## EXERCISE DETAILS
Sift through the material below and return the lines with "unfolding".

## MATERIAL SHOWN

⁂

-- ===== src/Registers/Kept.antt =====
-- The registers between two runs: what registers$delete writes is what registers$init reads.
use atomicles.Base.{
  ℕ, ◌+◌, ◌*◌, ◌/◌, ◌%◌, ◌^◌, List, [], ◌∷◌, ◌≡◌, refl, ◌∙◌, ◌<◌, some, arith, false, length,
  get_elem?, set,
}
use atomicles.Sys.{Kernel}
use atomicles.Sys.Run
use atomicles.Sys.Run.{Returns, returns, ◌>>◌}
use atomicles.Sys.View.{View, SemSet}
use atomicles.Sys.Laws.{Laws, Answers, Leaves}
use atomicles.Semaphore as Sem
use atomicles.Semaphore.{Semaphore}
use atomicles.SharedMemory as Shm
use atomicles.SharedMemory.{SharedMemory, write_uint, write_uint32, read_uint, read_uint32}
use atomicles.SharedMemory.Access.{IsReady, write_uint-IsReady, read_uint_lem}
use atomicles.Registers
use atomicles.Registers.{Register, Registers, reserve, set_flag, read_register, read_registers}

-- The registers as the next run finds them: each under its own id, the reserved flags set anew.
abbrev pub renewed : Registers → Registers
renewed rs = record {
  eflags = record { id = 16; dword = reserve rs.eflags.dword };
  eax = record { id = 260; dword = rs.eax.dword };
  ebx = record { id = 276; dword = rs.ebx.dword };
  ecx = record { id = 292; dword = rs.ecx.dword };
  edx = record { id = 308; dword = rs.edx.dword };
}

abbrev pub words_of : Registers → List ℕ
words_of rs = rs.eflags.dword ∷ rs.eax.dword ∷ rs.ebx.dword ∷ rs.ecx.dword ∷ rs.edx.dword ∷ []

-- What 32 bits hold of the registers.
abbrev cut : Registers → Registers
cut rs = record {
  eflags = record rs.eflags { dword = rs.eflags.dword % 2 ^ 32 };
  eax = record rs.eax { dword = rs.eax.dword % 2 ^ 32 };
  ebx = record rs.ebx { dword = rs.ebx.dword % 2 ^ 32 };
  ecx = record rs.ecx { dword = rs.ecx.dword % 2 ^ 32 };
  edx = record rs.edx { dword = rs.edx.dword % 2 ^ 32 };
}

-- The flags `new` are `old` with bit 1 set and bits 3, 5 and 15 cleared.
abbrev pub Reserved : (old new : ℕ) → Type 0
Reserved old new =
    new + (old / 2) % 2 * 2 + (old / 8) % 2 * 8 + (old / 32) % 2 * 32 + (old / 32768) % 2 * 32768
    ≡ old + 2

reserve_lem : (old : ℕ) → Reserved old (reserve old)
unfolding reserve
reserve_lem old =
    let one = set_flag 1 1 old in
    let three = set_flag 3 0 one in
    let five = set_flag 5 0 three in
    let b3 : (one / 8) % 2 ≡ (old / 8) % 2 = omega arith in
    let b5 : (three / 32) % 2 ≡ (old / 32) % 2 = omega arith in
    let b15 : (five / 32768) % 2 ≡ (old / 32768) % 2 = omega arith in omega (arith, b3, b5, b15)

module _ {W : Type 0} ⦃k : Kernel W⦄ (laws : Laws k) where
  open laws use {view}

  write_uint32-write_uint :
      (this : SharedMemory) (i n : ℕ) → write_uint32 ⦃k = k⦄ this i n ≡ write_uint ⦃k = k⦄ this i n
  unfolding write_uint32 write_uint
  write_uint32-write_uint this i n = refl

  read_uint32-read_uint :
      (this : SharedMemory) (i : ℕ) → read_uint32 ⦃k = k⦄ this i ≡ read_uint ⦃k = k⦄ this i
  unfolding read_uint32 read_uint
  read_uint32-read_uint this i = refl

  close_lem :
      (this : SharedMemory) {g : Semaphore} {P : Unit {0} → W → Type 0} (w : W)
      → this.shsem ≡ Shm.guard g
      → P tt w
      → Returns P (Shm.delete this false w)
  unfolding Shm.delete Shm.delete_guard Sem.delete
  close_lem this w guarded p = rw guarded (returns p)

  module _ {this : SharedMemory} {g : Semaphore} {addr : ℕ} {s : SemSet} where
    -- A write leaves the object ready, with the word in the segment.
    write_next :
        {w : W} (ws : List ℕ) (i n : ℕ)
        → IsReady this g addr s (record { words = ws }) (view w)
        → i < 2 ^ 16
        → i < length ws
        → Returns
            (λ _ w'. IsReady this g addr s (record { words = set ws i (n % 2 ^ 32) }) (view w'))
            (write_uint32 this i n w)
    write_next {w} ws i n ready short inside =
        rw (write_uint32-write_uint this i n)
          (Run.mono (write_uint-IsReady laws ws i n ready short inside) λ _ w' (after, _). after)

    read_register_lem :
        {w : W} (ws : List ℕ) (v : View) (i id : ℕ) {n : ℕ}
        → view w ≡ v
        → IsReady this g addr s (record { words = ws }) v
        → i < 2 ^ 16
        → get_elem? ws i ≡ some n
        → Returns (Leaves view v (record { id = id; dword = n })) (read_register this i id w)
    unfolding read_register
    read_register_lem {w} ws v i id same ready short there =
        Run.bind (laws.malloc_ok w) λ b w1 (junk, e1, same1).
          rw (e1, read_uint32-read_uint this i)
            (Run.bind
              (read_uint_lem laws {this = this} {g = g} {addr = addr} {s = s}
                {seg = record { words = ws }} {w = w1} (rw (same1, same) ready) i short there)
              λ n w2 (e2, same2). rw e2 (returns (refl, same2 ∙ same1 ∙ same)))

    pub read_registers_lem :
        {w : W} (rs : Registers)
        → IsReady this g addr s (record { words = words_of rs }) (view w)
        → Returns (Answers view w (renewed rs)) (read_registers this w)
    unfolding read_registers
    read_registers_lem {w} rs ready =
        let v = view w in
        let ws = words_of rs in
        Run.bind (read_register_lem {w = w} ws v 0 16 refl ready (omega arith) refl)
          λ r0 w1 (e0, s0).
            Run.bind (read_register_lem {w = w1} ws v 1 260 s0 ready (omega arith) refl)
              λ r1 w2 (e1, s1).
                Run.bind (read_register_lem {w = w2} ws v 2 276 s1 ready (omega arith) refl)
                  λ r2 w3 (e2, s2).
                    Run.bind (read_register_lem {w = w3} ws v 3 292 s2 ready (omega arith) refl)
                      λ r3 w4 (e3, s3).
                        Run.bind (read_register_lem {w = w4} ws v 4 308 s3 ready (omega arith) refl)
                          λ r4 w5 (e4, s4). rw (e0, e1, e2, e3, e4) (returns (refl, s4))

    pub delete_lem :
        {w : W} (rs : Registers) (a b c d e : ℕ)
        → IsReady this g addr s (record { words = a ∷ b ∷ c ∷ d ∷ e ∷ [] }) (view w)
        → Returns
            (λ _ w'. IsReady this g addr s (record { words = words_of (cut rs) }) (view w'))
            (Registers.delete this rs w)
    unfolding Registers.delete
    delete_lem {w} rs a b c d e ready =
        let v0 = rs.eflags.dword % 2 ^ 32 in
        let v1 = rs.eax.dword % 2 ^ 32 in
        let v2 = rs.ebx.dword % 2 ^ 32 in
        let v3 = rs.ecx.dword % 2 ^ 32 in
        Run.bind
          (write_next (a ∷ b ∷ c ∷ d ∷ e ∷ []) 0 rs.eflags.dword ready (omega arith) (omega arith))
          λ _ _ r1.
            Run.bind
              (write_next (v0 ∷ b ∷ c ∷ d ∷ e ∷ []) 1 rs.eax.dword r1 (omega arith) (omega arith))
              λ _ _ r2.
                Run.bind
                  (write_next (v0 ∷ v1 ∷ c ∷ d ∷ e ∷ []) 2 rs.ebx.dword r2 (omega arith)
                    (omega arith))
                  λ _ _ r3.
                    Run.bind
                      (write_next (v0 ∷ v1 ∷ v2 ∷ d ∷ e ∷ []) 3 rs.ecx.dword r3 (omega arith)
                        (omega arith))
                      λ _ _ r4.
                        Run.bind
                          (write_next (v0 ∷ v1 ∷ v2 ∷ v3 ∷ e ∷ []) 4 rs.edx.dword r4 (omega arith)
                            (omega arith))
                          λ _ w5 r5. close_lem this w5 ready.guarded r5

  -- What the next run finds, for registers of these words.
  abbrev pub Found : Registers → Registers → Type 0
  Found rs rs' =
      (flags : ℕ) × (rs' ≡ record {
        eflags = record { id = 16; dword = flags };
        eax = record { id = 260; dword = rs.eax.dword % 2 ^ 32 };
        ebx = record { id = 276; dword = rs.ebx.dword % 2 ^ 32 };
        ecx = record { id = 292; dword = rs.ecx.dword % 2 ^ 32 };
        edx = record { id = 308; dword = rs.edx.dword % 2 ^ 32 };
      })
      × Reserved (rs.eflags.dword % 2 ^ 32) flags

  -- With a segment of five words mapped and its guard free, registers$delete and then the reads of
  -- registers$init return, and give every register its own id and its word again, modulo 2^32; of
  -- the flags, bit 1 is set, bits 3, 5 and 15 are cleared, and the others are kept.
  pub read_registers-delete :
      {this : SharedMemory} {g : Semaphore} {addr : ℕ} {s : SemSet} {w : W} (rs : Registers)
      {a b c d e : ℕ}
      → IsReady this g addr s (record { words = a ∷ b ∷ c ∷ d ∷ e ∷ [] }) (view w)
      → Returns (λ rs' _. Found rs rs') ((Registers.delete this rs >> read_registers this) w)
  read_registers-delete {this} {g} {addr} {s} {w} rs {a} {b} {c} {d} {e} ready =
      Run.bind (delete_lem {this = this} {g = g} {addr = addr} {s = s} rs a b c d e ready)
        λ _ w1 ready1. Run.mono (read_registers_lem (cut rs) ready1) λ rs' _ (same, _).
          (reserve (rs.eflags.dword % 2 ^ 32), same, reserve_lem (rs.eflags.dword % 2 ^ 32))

⁂

## ANSWER TO THIS EXERCISE
unfolding reserve
  unfolding write_uint32 write_uint
  unfolding read_uint32 read_uint
  unfolding Shm.delete Shm.delete_guard Sem.delete
    unfolding read_register
    unfolding read_registers
    unfolding Registers.delete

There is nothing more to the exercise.